Agora, se a criança é criada e educada em um ambiente em que os textos só possuem uma interpretação, isso é ruim. Mas, se as crianças crescem num ambiente em que os textos não somente só possuem uma interpretação, mas tal interpretação é não racional, aí a coisa piora bem. No primeiro caso, gera-se alguém que poderá ser um adulto dogmático. No segundo caso, dá-se abertura para gerar um imbecil. Não perceber a diferença entre o que é uma narrativa racional e o que não é uma narrativa racional não é algo inato, é aprendido. Nesse sentido, a criança presa ao lar evangélico, que a faz ler a Bíblia buscando explicação em textos que não foram escritos para explicar e, sim, para dar caminhos morais, pode adquirir sérios danos cognitivos. Essa prática pode gerar o adulto que se imagina culto e, no entanto, ao agir e falar, será ridicularizado no meio culto, ou simplesmente será tomado como “café com leite”. Trata-se daquela pessoa que não entende as distinções e finalidades dos discursos, os gêneros literários distintos e o papel das várias retóricas em cada narrativa. Pessoas assim começam a não perceber que são burras e, no entanto, são burras. Os cultos e inteligentes as desprezam. Elas começam a ter dificuldades em lugares em que a cultura não foi posta no lixo. E então, ficam ressentidas, magoadas, de mal com a vida. Algumas dessas pessoas tendem a se tornar vingativas, más, exatamente porque não sabem a razão pela qual estão sendo colocadas de lado. Eis aí o quadro maligno: uma nação em que há enormes grupos se sentido assim, não pode ir bem e a democracia começa a correr riscos. John Dewey temia como ninguém que a América seguisse esse caminho.

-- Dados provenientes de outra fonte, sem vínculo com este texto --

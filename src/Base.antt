-- ===== src/Base.antt =====
-- The names that the other modules share: the libraries', passed on, Boolean tests,
-- lists with native lengths, and the integers of Go's `int64`.
mod Tests
mod Lists
mod Slices
mod Int
mod Bytes
mod Text
mod Maps
pub use Tests.*
pub use Lists.*
pub use Slices.*
pub use Int.*
unfoldable pub use Maps.*
unfoldable pub use Bytes.*
pub use Bytes.Trim.*
pub use Maps.Sizes.{IsMap, HasKey, lookup-Mem, set-IsMap, key_of_both}
unfoldable pub use Text.*
pub use Prim.Native.Nat.{ℕ, zero, suc, ◌+◌, ◌-◌, ◌*◌, ◌/◌, ◌%◌, ◌^◌, ◌≤◌, ◌<◌, min}
pub use Prim.Native.String.{String}
pub use mathlib.Core.Path.{◌≡◌, refl, sym, ap, ap₂, ◌∙◌, subst, fun_ext}
pub use mathlib.Core.Logic.{◌≢◌, ◌↔◌, ◌⊎◌, inl, inr}
pub use mathlib.Core.Bool.{Bool, true, false, not, ◌&&◌, ◌||◌}
pub use mathlib.Core.Option.{Option, none, some}
pub use mathlib.Core.List.{List, [], ◌∷◌, ◌++◌, map}
pub use native.Mathlib.Omega.{arith}
pub use text.Mathlib.Text.{◌==◌}
pub use text.Mathlib.TextEquality.{eq_iff}
pub use text.Mathlib.TextPositions.{eq_refl}
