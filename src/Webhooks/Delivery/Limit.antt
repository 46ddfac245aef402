-- ===== src/Webhooks/Delivery/Limit.antt =====
-- At most five requests for a delivery since its last fresh start.
use bunmail.Prelude.{
  ℕ, ◌≡◌, refl, sym, subst, String, List, [], ◌∷◌, ◌++◌, Option, none, some, str_eq, arith,
  Bool-cases, inl, inr,
}
use bunmail.Dict.{get, set, get-set, set-Distinct}
use bunmail.Middleware.RateLimit.{RateLimitMap, RateLimitDecision, allowed, limited}
use bunmail.Webhooks.Delivery.{
  Delivery, Deliveries, Hooks, enqueue_event, event_rows, DispatchScope, matching_webhook,
}
use bunmail.Webhooks.Delivery.Replay.{
  replay_decided, replay_existing, replay_delivery, replayed_delivery, record_replay,
  get_delivery_by_id,
}
use bunmail.Webhooks.Delivery.Counts.{CountsIn, AllCount, AtMostFive}
use bunmail.Webhooks.Delivery.Log.{
  DeliveryEvent, reset, started, replay_log, Outbox, OutboxStep, by_event, by_claim, by_outcome,
  by_replay, by_purge, OutboxSteps, steps_keep,
}
use bunmail.Webhooks.Retention.{purge_old_deliveries, purge_max_batches}
use bunmail.Webhooks.Delivery.Requests.{Sound, claim_due_deliveries-Sound, record_attempt-Sound}
use bunmail.Webhooks.Delivery.Purge.{purge_batches-AllCount}

-- A fresh start resets the count of its delivery and of no other.
reset-Counts :
    (id j : String) (log : List DeliveryEvent) (found : Option Delivery)
    → CountsIn log j found
    → CountsIn (reset id ∷ log) j found
reset-Counts id j log none h = tt
reset-Counts id j log (some r) h = elim (Bool-cases (str_eq id j)) [
  | inl t ↦ rw t (omega arith, h.1, λ p e. cc)
  | inr f ↦ rw f h
]

replay_delivery-Sound :
    (q : Outbox) (hooks : Hooks) (replays : RateLimitMap) (id key : String) (now : ℕ)
    → Sound q
    → Sound (record {
      rows = (replay_delivery q.rows hooks replays id key now).0;
      log = replay_log id (replay_delivery q.rows hooks replays id key now).2 q.log;
    })
unfolding replay_delivery
replay_delivery-Sound q hooks replays id key now (d, h, five) =
    found (get_delivery_by_id q.rows hooks id key)
  where
    fresh : (r : Delivery) → AllCount (reset id ∷ q.log) (set q.rows id (replayed_delivery now r))
    fresh r j = elim (Bool-cases (str_eq id j)) [
      | inl t ↦
          rw (get-set q.rows id (replayed_delivery now r) j, t)
            (omega arith, omega arith, λ p e. cc)
      | inr f ↦ rw (get-set q.rows id (replayed_delivery now r) j, f) (h j)
    ]

    decided :
        (r : Delivery) (u : RateLimitMap × RateLimitDecision)
        → Sound (record {
          rows = (replay_decided q.rows id now r u).0;
          log = replay_log id (replay_decided q.rows id now r u).2 q.log;
        })
    decided r (m, allowed) = (set-Distinct q.rows id (replayed_delivery now r) d, fresh r, five)
    decided r (m, limited count wait) = (d, h, five)

    found :
        (f : Option Delivery)
        → Sound (record {
          rows = (replay_existing q.rows replays id now f).0;
          log = replay_log id (replay_existing q.rows replays id now f).2 q.log;
        })
    found none = (d, h, five)
    found (some r) = decided r (record_replay replays id now)

-- New rows: their log starts at zero.
get-append :
    (rows new : Deliveries) (id : String)
    → get (rows ++ new) id
      ≡ elim (get rows id) as (λ _. Option Delivery) [ none ↦ get new id | some r ↦ some r ]
unfolding get
get-append [] new id = refl
get-append ((j, r) ∷ rows) new id = elim (Bool-cases (str_eq j id)) [
  | inl t ↦ rw t refl
  | inr f ↦ rw f (get-append rows new id)
]

started-Counts :
    (new : Deliveries) (log : List DeliveryEvent) (id : String) (found : Option Delivery)
    → CountsIn log id found
    → CountsIn (started new log) id found
started-Counts [] log id found h = h
started-Counts ((j, r) ∷ new) log id found h =
    reset-Counts j id (started new log) found (started-Counts new log id found h)

started-AtMostFive :
    (new : Deliveries) (log : List DeliveryEvent) → AtMostFive log → AtMostFive (started new log)
started-AtMostFive [] log h = h
started-AtMostFive ((j, r) ∷ new) log h = started-AtMostFive new log h

module _ (event : String) (scope : DispatchScope) (body : String) (now : ℕ)
    (new_id : String → String) where
  event_rows-CountsIn :
      (hooks : Hooks) (log : List DeliveryEvent) (id : String)
      → CountsIn
          (started (event_rows hooks event scope body now new_id) log)
          id
          (get (event_rows hooks event scope body now new_id) id)
  unfolding event_rows get
  event_rows-CountsIn [] log id = tt
  event_rows-CountsIn ((k, h) ∷ hooks) log id = elim (Bool-cases (matching_webhook event scope h)) [
    | inl t ↦ elim (Bool-cases (str_eq (new_id k) id)) [
      | inl s ↦ rw (t, s) (omega arith, omega arith, λ p e. cc)
      | inr f ↦ rw (t, f) (event_rows-CountsIn hooks log id)
    ]
    | inr f ↦ rw f (event_rows-CountsIn hooks log id)
  ]

  enqueue_event-AllCount :
      (rows : Deliveries) (hooks : Hooks) (log : List DeliveryEvent)
      → AllCount log rows
      → AllCount
          (started (event_rows hooks event scope body now new_id) log)
          (enqueue_event rows hooks event scope body now new_id).0
  unfolding enqueue_event
  enqueue_event-AllCount rows hooks log h id =
      subst (CountsIn (started new log) id) (sym (get-append rows new id))
        (joined (get rows id) (h id))
    where
      new : Deliveries
      new = event_rows hooks event scope body now new_id

      joined :
          (f : Option Delivery)
          → CountsIn log id f
          → CountsIn
              (started new log)
              id
              (elim f as (λ _. Option Delivery) [ none ↦ get new id | some r ↦ some r ])
      joined none c = event_rows-CountsIn hooks log id
      joined (some r) c = started-Counts new log id (some r) c

Sound-OutboxStep : (q u : Outbox) → OutboxStep q u → Sound q → Sound u
unfolding purge_old_deliveries
Sound-OutboxStep q _ (by_event hooks event scope body now new_id distinct) (d, h, five) = (
  distinct,
  enqueue_event-AllCount event scope body now new_id q.rows hooks q.log h,
  started-AtMostFive (event_rows hooks event scope body now new_id) q.log five,
)
Sound-OutboxStep q _ (by_claim hooks scan n) s = claim_due_deliveries-Sound q hooks scan n s
Sound-OutboxStep q _ (by_outcome cut id o prior now newest) s =
    record_attempt-Sound q cut id o prior now newest s
Sound-OutboxStep q _ (by_replay hooks replays id key now) s =
    replay_delivery-Sound q hooks replays id key now s
Sound-OutboxStep q _ (by_purge older_than size) (d, h, five) =
    let (d', h') = purge_batches-AllCount older_than purge_max_batches size q.rows q.log (d, h) in
    (d', h', five)

-- From an empty outbox on, in every order of events, claims by any number of workers, outcomes,
-- crashes before an outcome is recorded, replays and purges: at most five requests are made for a
-- delivery since it was enqueued or last replayed, where each outcome that is recorded is that of the
-- delivery's newest request.
pub AtMostFive-OutboxSteps :
    (v : Outbox) → OutboxSteps (record { rows = []; log = [] }) v → AtMostFive v.log
unfolding get
AtMostFive-OutboxSteps v steps =
    (steps_keep Sound Sound-OutboxStep (record { rows = []; log = [] }) v steps
      (tt, (λ id. tt), tt)).2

Assim, até mesmo para que não tenhamos riscos para a democracia, deveríamos ler a Bíblia na escola, por meio de um profissional competente, alguém que tivesse cultura suficiente para pegar o livro como um belo livro de ética. É certo que é uma ética dos Hebreus, mas é uma ética que, com Jesus e, depois, efetivamente com Paulo, se pretendeu universal. E tornou-se universal para o Ocidente.

Você pode ainda objetar: “mas Paulo, a escola pública laica está um lixo, encontrar bons professores para fazer isso é impossível”. Ora, em tese seria este um serviço do professor de filosofia, ajudado pelo de história, não? Não podemos, em tese, partir da idéia de que não temos professores e, portanto, ficarmos de braços cruzados e não encaminhar o que é o correto. Temos de ir tentando fazer as coisas certas, enquanto que, por outro lado, vamos brigando para que o salário da carreira do magistério aumente de modo que os mais inteligentes queiram optar pela vida de professor. Não creio que isso seja impossível. Não acho que essas coisas devam ser postas separadamente. São lutas contínuas e conjuntas. É a nossa vida, é o que temos e vivemos. Não vamos fugir. Não há para onde fugir.

Paulo Ghiraldelli Jr, filósofo, escritor e professor da UFRRJ.